Dataset entries
===
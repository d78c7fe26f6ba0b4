-- ===== src/L3Book/Depth.antt =====
-- The aggregated view of include/itch/book/l3_book.hpp: the best bid and offer of src/book/l3_book.cpp against the
-- orders at each price.
use itchcpp.Prelude.{
  ℕ, zero, suc, take, ◌+◌, ◌<◌, ◌%◌, ◌^◌, ◌≡◌, refl, sym, ◌∙◌, ap, subst, List, [], ◌∷◌, map,
  Option, none, some, Bool, true, false, length, length-map, All, arith,
}
use itchcpp.L3Book.{
  Side, buy, sell, OrderView, Level, Bbo, L3Book, before, side_levels, show_bid, show_ask,
  blank_bbo, bbo, orders_at,
}
use itchcpp.L3Book.Interface.{Index}
use itchcpp.L3Book.Segments.{Cells}
use itchcpp.L3Book.Ladder.{lookup, Sorted, lookup-price, lookup-Behind, before_ne, Behind-trans}
use itchcpp.L3Book.Updates.{lookup-later}
use itchcpp.L3Book.WellFormed.{cells, sum_shares, Fits, Holds, WellFormed}
use itchcpp.L3Book.Views.{view_of, views, orders_at-views}

unfoldable pub total : List OrderView → ℕ
total [] = 0
total (v ∷ vs) = v.shares + total vs

total-views : (f : Cells) (xs : List ℕ) → total (views f xs) ≡ sum_shares f xs
unfolding total sum_shares
total-views f [] = refl
total-views f (x ∷ xs) = omega (arith, total-views f xs)

pub All-levels {κ} :
    (P : Level → Type κ) (s : Side) (ls : List Level)
    → Sorted s ls
    → ((p : ℕ) (l : Level) → lookup p ls ≡ some l → P l)
    → All P ls
unfolding lookup
All-levels P s [] h every = tt
All-levels P s (l ∷ ls) h every = (
  every l.price l (ground arith),
  All-levels P s ls h.1 (λ p k e. every p k (lookup-later s p l k ls h.0 e)),
)

pub All-take {ℓ κ} :
    {A : Type ℓ} (P : A → Type κ) (n : ℕ) (xs : List A) → All P xs → All P (take n xs)
All-take P zero xs h = tt
All-take P (suc n) [] h = tt
All-take P (suc n) (x ∷ xs) h = (h.0, All-take P n xs h.1)

pub All-map {ℓ κ μ} :
    {A : Type ℓ} {B : Type κ} (P : B → Type μ) (f : A → B) (xs : List A)
    → All (λ x. P (f x)) xs
    → All P (map f xs)
All-map P f [] h = tt
All-map P f (x ∷ xs) h = (h.0, All-map P f xs h.1)

show_ask-keeps :
    (asks : List Level) (r : Bbo)
    → ((show_ask asks r).has_bid ≡ r.has_bid)
      × ((show_ask asks r).bid_price ≡ r.bid_price)
      × ((show_ask asks r).bid_shares ≡ r.bid_shares)
unfolding show_ask
show_ask-keeps [] r = (refl, refl, refl)
show_ask-keeps (l ∷ ls) r = (refl, refl, refl)

show_bid-no_ask : (bids : List Level) → (show_bid bids blank_bbo).has_ask ≡ false
unfolding show_bid
show_bid-no_ask [] = refl
show_bid-no_ask (l ∷ ls) = refl

-- A buyer's price is better when it is higher, a seller's when it is lower.
abbrev pub Better : Side → ℕ → ℕ → Type 0
Better buy p q = q < p
Better sell p q = p < q

before_of_Better : (s : Side) (p q : ℕ) → Better s p q → before s p q ≡ true
before_of_Better buy p q h = ground arith
before_of_Better sell p q h = ground arith

pub Better-of_before : (s : Side) (p q : ℕ) → before s p q ≡ true → Better s p q
Better-of_before buy p q h = ground arith
Better-of_before sell p q h = ground arith

module _ {T : Type 0} ⦃idx : Index T⦄ where
  -- There are orders at the price, with these shares together.
  pub record Shown (b : L3Book T) (s : Side) (price shares count : ℕ) : Type 0 where
    pub orders : List OrderView
    pub resting : orders_at b s price ≡ some orders
    pub some_order : 0 < length orders
    pub sum : shares ≡ total orders % 2 ^ 64
    pub number : count ≡ length orders

  pub level-Shown :
      (b : L3Book T) (w : WellFormed b) (s : Side) (p : ℕ) (l : Level)
      → lookup p (side_levels b s) ≡ some l
      → Shown b s l.price l.total_shares l.order_count
  level-Shown b w s p l e =
      let h : Holds (cells b) l (w.queues s p) =
        subst (λ (o : Option Level). Fits (cells b) o (w.queues s p)) e (w.fits s p) in
      let vs : List OrderView = views (cells b) (w.queues s p) in
      let size : length vs ≡ length (w.queues s p) =
        length-map (λ x. view_of (cells b x)) (w.queues s p) in
      rw (lookup-price p (side_levels b s) l e) (record {
        orders = vs;
        resting = orders_at-views b w s p;
        some_order = omega (arith, size, h.some_orders);
        sum = omega (arith, h.total, total-views (cells b) (w.queues s p));
        number = omega (arith, h.count, size);
      })

  -- The price of a quote is the best with orders, or there are none on its side.
  pub record Quote (b : L3Book T) (s : Side) (has_quote : Bool) (price shares : ℕ) : Type 0 where
    pub present :
        has_quote ≡ true
        → ((count : ℕ) × Shown b s price shares count)
          × ((q : ℕ) → Better s q price → orders_at b s q ≡ some [])
    pub absent : has_quote ≡ false → (q : ℕ) → orders_at b s q ≡ some []

  pub no_orders :
      (b : L3Book T) (w : WellFormed b) (s : Side) (q : ℕ)
      → lookup q (side_levels b s) ≡ none
      → orders_at b s q ≡ some []
  no_orders b w s q e =
      let empty : w.queues s q ≡ [] =
        subst (λ (o : Option Level). Fits (cells b) o (w.queues s q)) e (w.fits s q) in
      orders_at-views b w s q ∙ ap (λ (l : List ℕ). some (views (cells b) l)) empty

  front-Quote :
      (b : L3Book T) (w : WellFormed b) (s : Side) (l : Level) (ls : List Level)
      → side_levels b s ≡ l ∷ ls
      → Quote b s true l.price l.total_shares
  unfolding lookup
  front-Quote b w s l ls e =
      let sorted : Sorted s (l ∷ ls) = subst (Sorted s) e (w.sorted s) in
      record {
        present = λ h. (
          (l.order_count, level-Shown b w s l.price l (rw e (ground arith))),
          λ q better.
              let first : before s q l.price ≡ true = before_of_Better s q l.price better in
              no_orders b w s q (
                rw e (
                  ground (
                    arith,
                    before_ne s q l.price first,
                    lookup-Behind s q ls (Behind-trans s q l.price ls first sorted.0),
                  ))),
        );
        absent = λ h. cc;
      }

  back-Quote :
      (b : L3Book T) (w : WellFormed b) (s : Side) (price shares : ℕ)
      → side_levels b s ≡ []
      → Quote b s false price shares
  unfolding lookup
  back-Quote b w s price shares e = record {
    present = λ h. cc;
    absent = λ h q. no_orders b w s q (rw e);
  }

  bid-Quote :
      (b : L3Book T) (w : WellFormed b) (ls : List Level)
      → b.bids ≡ ls
      → Quote b buy (bbo b).has_bid (bbo b).bid_price (bbo b).bid_shares
  unfolding bbo side_levels show_bid
  bid-Quote b w ls e =
      let (has, price, shares) = show_ask-keeps b.asks (show_bid b.bids blank_bbo) in
      rw (has, price, shares)
        (subst
          (λ (l : List Level).
            Quote b buy (show_bid l blank_bbo).has_bid (show_bid l blank_bbo).bid_price
              (show_bid l blank_bbo).bid_shares)
          (sym e) (by_ladder ls e))
    where
      by_ladder :
          (l : List Level)
          → b.bids ≡ l
          → Quote b buy
              (show_bid l blank_bbo).has_bid
              (show_bid l blank_bbo).bid_price
              (show_bid l blank_bbo).bid_shares
      by_ladder [] e = back-Quote b w buy 0 0 e
      by_ladder (l ∷ ls) e = front-Quote b w buy l ls e

  ask-Quote :
      (b : L3Book T) (w : WellFormed b) (ls : List Level)
      → b.asks ≡ ls
      → Quote b sell (bbo b).has_ask (bbo b).ask_price (bbo b).ask_shares
  unfolding bbo side_levels show_ask
  ask-Quote b w ls e =
      subst
        (λ (l : List Level).
          Quote b sell (show_ask l (show_bid b.bids blank_bbo)).has_ask
            (show_ask l (show_bid b.bids blank_bbo)).ask_price
            (show_ask l (show_bid b.bids blank_bbo)).ask_shares)
        (sym e) (by_ladder ls e)
    where
      by_ladder :
          (l : List Level)
          → b.asks ≡ l
          → Quote b sell
              (show_ask l (show_bid b.bids blank_bbo)).has_ask
              (show_ask l (show_bid b.bids blank_bbo)).ask_price
              (show_ask l (show_bid b.bids blank_bbo)).ask_shares
      by_ladder [] e = rw (show_bid-no_ask b.bids) (back-Quote b w sell _ _ e)
      by_ladder (l ∷ ls) e = front-Quote b w sell l ls e

  -- Over any order index with the laws of a map, which `OrderIndex` satisfies:
  -- the bid of a book that satisfies the invariant is the highest price with buy orders, the ask the
  -- lowest with sell orders, each with the shares of all orders there, modulo 2^64; a side without a
  -- quote has no orders.
  pub bbo-Quote :
      (b : L3Book T)
      → WellFormed b
      → Quote b buy (bbo b).has_bid (bbo b).bid_price (bbo b).bid_shares
        × Quote b sell (bbo b).has_ask (bbo b).ask_price (bbo b).ask_shares
  bbo-Quote b w = (bid-Quote b w b.bids refl, ask-Quote b w b.asks refl)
===
◆ Task description
Your answer should be every line above that contains the word "record".

◆ Exercise result
  pub record Shown (b : L3Book T) (s : Side) (price shares count : ℕ) : Type 0 where
      rw (lookup-price p (side_levels b s) l e) (record {
  pub record Quote (b : L3Book T) (s : Side) (has_quote : Bool) (price shares : ℕ) : Type 0 where
      record {
  back-Quote b w s price shares e = record {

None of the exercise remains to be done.